A group of men wearing white robes and hoods, trawling the streets after dark holding flaming torches. If this was in Tennessee this would be completely normal behaviour; the only questions would be ‘where your cross??’ and ‘who we gonna hang tonight?’
But its not in the Deep South, well not of America. This is in Spain and is the Catholic Brotherhood’s way of celebrating (celebating, perhaps?) the Holy Week prior to Easter. So, if Jesus does choose to make his Second Coming, he’ll find himself face to face with a bunch of KKK impersonators. This practice dates back to the 14th century (or thereabouts; long time ago anyway), but I reckon they only adopted this choice of fashionware after seeing Mississippi Burning. I could be wrong.
Meanwhile, in other parts of Europe, Nigel Farage, head of UKIP, the thinking man’s nazi party, sorry, the Drinking Man’s nazi party, and make mine a pint please, is accused of being a bit naughty. A touch ‘creative’ with his accounting. The irony of being the most anti-European in the European Union has proved too much for Nigel and he’s managed to claim his maximum £15,500 a year from Brussels in ‘expenses’ but can only account for about £3000 within the rightful use of it. When anyone questions him about the money he just shouts at them. In German. Ok, maybe in English. But it does seem a touch hypocritical for Nigel to gain from an organisation he desperately wants to pull Britain out of. Its a bit ‘feeding from the hand you really want to bite’.
There are also new allegations about another mistress for Mnsr Farage, a foreigner, no less. Presumably for Nigel this is a more acceptable type of European Union.
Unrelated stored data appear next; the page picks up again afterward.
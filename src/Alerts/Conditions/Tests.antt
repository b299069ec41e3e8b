-- ===== src/Alerts/Conditions/Tests.antt =====
-- Runs of the text of conditions, and the theorem at a value.
use parseable.Prelude.{
  ℕ, ◌≡◌, refl, Bool, Option, none, some, List, [], ◌∷◌, ◌++◌, String, eqb, map,
}
use parseable.Results.{Result, ok}
use parseable.Validator.{chars}
use parseable.Alerts.Conditions
use parseable.Alerts.Conditions.{
  ConditionConfig, WhereConfigOperator, and, is_null, contains, begins_with, replace, escape_like,
  string_literal, like_literal, like, formatted, operator_and_value, scalar_condition_expr,
}
use parseable.Alerts.Conditions.Filter.{
  trim_start, trim_end, inner_value, list_condition_expr, condition_to_expr, join_exprs,
  get_filter_string,
}
use parseable.Alerts.Conditions.Reading.{character, goes_on, read_literal, read_like}
use parseable.Alerts.Conditions.Literals.{any_if, literals_read_back}

conditions : Unit {0}
unfolding get_filter_string join_exprs condition_to_expr list_condition_expr inner_value trim_start
    trim_end scalar_condition_expr operator_and_value formatted like like_literal string_literal
    escape_like replace
conditions = tt

abbrev no_number : List ℕ → Option (List ℕ)
no_number cs = none

abbrev is_space : ℕ → Bool
is_space c = eqb c 32

abbrev filter_of : ConditionConfig → Result (List ℕ) (List ℕ)
unfolding get_filter_string
filter_of c =
    get_filter_string no_number is_space
      (record { operator = some and; condition_config = c ∷ c ∷ [] })

abbrev host : WhereConfigOperator → String → Option String → ConditionConfig
host op v t = record {
  column = chars "host";
  operator = op;
  value = some (chars v);
  column_type = elim t [ none ↦ none | some n ↦ some (chars n) ];
}

filters :
    (filter_of (host begins_with "a_b" none)
      ≡ ok (chars "\"host\" LIKE 'a\\_b%' ESCAPE '\\' AND \"host\" LIKE 'a\\_b%' ESCAPE '\\'"))
    × (filter_of (host Conditions.equal "o'k" (some "text"))
        ≡ ok (chars "\"host\" = 'o''k' AND \"host\" = 'o''k'"))
    × (filter_of (host contains " [1, 2]" (some "list"))
        ≡ ok
            (chars "array_has_all(\"host\", ARRAY[1, 2]) AND array_has_all(\"host\", ARRAY[1, 2])"))
unfolding conditions
filters = (refl, refl, refl)

-- The name of a column and the value for a list are not quoted.
abbrev injected : ConditionConfig
injected = record {
  column = chars "a\" = 1 OR \"a";
  operator = is_null;
  value = none;
  column_type = none;
}

column_injects :
    condition_to_expr no_number is_space injected ≡ ok (chars "\"a\" = 1 OR \"a\" is null")
unfolding conditions
column_injects = refl

list_injects :
    condition_to_expr no_number is_space (host contains "[1]) OR (true" (some "list"))
    ≡ ok (chars "array_has_all(\"host\", ARRAY[[1]) OR (true])")
unfolding conditions
list_injects = refl

literals_read_back_example :
    (read_literal (string_literal (chars "o'k%") ++ chars " AND")
      ≡ some (chars "o'k%", chars " AND"))
    × ((before after : Bool)
        → read_like (like_literal before after (chars "o'k%") ++ chars " AND")
          ≡ some (
            some (any_if before ++ (map character (chars "o'k%") ++ any_if after)),
            chars " AND",
          ))
literals_read_back_example = literals_read_back (chars "o'k%") (chars " AND") (goes_on refl)
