-- ===== src/Alerts/Configs.antt =====
-- alerts/target.rs: `TargetConfigs`, beside what the metastore has; handlers/http/targets.rs: the
-- handlers that change it; alerts/alert_structs.rs: `AlertRequest::into`. The names of `other_fields`
-- are kept for their check alone; `resolve_stream_names` finds the tables of a query.
pub mod Everywhere
pub mod System
pub mod Configured
mod Tests
use parseable.Prelude.{
  string_eq, ℕ, Bool, true, false, not, Option, none, some, List, [], ◌∷◌, ◌==◌, String,
  if◌then◌else◌, any, contains, length, ltb, retain, is_empty, eqb,
}
use parseable.Dict
use parseable.Dict.{Dict}
use parseable.Results.{Result, ok, err, ◌>>=◌, guard, ok_or}
use parseable.Alerts.{
  AlertConfig, AlertError, AlertType, threshold, anomaly, forecast, Severity, ThresholdConfig,
  RollingWindow, NotificationConfig, not_triggered, notify, validation_failure, metadata,
  invalid_target_id, invalid_target_modification, target_in_use, metastore_error,
}

pub data TargetType : Type 0 where
  slack : (endpoint : String) → TargetType
  other : (endpoint : String) (headers : Dict String String) (skip_tls_check : Bool) → TargetType
  alert_manager :
      (endpoint : String) (skip_tls_check : Bool) (auth : Option (String × String)) → TargetType

pub record Target : Type 0 where
  pub name : String
  pub target : TargetType
  pub id : String

pub record TargetConfigs : Type 0 where
  pub target_configs : Dict String Target
  pub stored : Dict String Target

-- `TargetConfigs::update`; `put_target` says whether the metastore succeeds.
unfoldable pub update :
    (put_target : Bool) → Target → TargetConfigs → Result AlertError Target × TargetConfigs
update put_target target c =
    if put_target
    then (
      ok target,
      record {
        target_configs = Dict.insert c.target_configs target.id target;
        stored = Dict.insert c.stored target.id target;
      },
    )
    else (err metastore_error, c)

unfoldable pub get_target_by_id : String → TargetConfigs → Result AlertError Target
get_target_by_id id c = ok_or (Dict.get c.target_configs id) (invalid_target_id)

-- `TargetConfigs::delete`, over the alerts of the manager
unfoldable pub delete :
    (delete_target : Bool)
    → Dict String AlertConfig
    → String
    → TargetConfigs
    → Result AlertError Target × TargetConfigs
delete delete_target alerts id c =
    let removed = record c { target_configs = Dict.remove c.target_configs id } in
    if any (λ e. contains e.1.targets id) alerts
    then (err target_in_use, c)
    else elim (Dict.get c.target_configs id) [
      | none ↦ (err (invalid_target_id), c)
      | some target ↦
          if delete_target
          then (ok target, record removed { stored = Dict.remove c.stored target.id })
          else (err metastore_error, removed)
    ]

-- `PUT /targets/{target_id}` up to the update
unfoldable pub checked_update : String → Target → TargetConfigs → Result AlertError Target
unfolding get_target_by_id
checked_update id target c = do
  old_target ← get_target_by_id id c
  u ←
      guard (old_target.name == target.name)
        (invalid_target_modification "Can't modify target name")
  ok (record target { id = id })

abbrev pub write_target :
    (put_target : Bool)
    → Result AlertError Target
    → TargetConfigs
    → Result AlertError Target × TargetConfigs
write_target put_target (err e) c = (err e, c)
write_target put_target (ok target) c = update put_target target c

unfoldable pub update_target :
    (put_target : Bool) → String → Target → TargetConfigs → Result AlertError Target × TargetConfigs
update_target put_target id target c = write_target put_target (checked_update id target c) c

pub record AlertRequest : Type 0 where
  pub severity : Severity
  pub title : String
  pub query : String
  pub alert_type : String
  pub anomaly_config : Option String
  pub forecast_config : Option (String × String)
  pub threshold_config : ThresholdConfig
  pub notification_config : NotificationConfig
  pub eval_config : RollingWindow
  pub targets : List String
  pub tags : Option (List String)
  pub other_fields : Option (List String)

abbrev pub few_other_fields : Option (List String) → Bool
few_other_fields none = true
few_other_fields (some names) = not (ltb 10 (length names))

-- The loop over the targets of a request
unfoldable pub find_targets : TargetConfigs → List String → Result AlertError (Unit {0})
find_targets c [] = ok tt
find_targets c (id ∷ ids) = do
  target ← ok_or (Dict.get c.target_configs id) invalid_target_id
  find_targets c ids

abbrev pub requested_type : AlertRequest → Result AlertError AlertType
requested_type request =
    if request.alert_type == "anomaly"
    then elim request.anomaly_config [
      | none ↦ err (metadata "anomalyConfig is required for anomaly type alerts")
      | some historic ↦ ok (anomaly historic)
    ]
    else if request.alert_type == "forecast"
    then elim request.forecast_config [
      | none ↦ err (metadata "forecastConfig is required for forecast type alerts")
      | some (historic, ahead) ↦ ok (forecast historic ahead)
    ]
    else if request.alert_type == "threshold"
    then ok threshold
    else err (metadata "Invalid alert type provided")

-- `AlertRequest::into`, with the id and the time that it draws
unfoldable pub into :
    (resolve_stream_names : String → Result AlertError (List String))
    → (new_id : String) → (now : ℕ) → TargetConfigs
    → AlertRequest
    → Result AlertError AlertConfig
unfolding find_targets
into resolve_stream_names new_id now c request = do
  u ←
      guard (few_other_fields request.other_fields)
        (validation_failure "other_fields can contain at most 10 fields")
  v ← find_targets c request.targets
  datasets ← resolve_stream_names request.query
  w ← guard (eqb (length datasets) 1) (validation_failure "Query should include only one dataset")
  alert_type ← requested_type request
  ok (record {
    id = new_id;
    severity = request.severity;
    title = request.title;
    query = request.query;
    alert_type = alert_type;
    threshold_config = request.threshold_config;
    eval_config = request.eval_config;
    targets = request.targets;
    state = not_triggered;
    notification_state = notify;
    notification_config = request.notification_config;
    created = now;
    tags = request.tags;
    datasets = datasets;
    last_triggered_at = none;
  })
Always nice when Britain comes top in something. We don’t win the football, we struggle with being the richest nation, the cleanest, we’re condemned for our foul air quality, we don’t do well in education, struggle with health, but now we’ve topped a chart. We are the most sexist nation on the planet. According to some daft bitch from South Africa, a professor, no less, who has been here and studied us for 3 weeks. Wow, that’s comprehensive then. Apparently we have a ‘boys club’ mentality. Well she’s not joining mine. Has this woman never heard of Saudi Arabia? I despair. But still, always nice to top the charts.
And to Kim Jong Un. The funniest man alive (who has control of atomic weaponry, which dims the humour a little).
A barber in London put a picture of the tubby little North Korean leader in his window with a message saying ‘bad hair day?? get 15% off your haircut in April…’) And the North Koreans went round there and demanded he remove the item as ‘disrespectful to their leader’, issued veiled threats and reported the barber to the police. Who don’t give a shit because its not a crime to make jokes of leaders here, in fact it what we probably do best, other than sexism.
But how dare these North Koreans hassle hard-working Londoners? How dare they make threats here just because they come from a land where humour, along with decent haircuts, is banned? In fact, why do we even allow them to have an Embassy here? They’re horrible, nasty, evil, war-mongering people and should all be sent home, rather than try to ban one of the essential freedoms that this nation enjoys: freedom to take the piss out of dickheads. Its written in our contstitution (if we had one) along with the sexism and jaywalking. Its what makes our nation proud.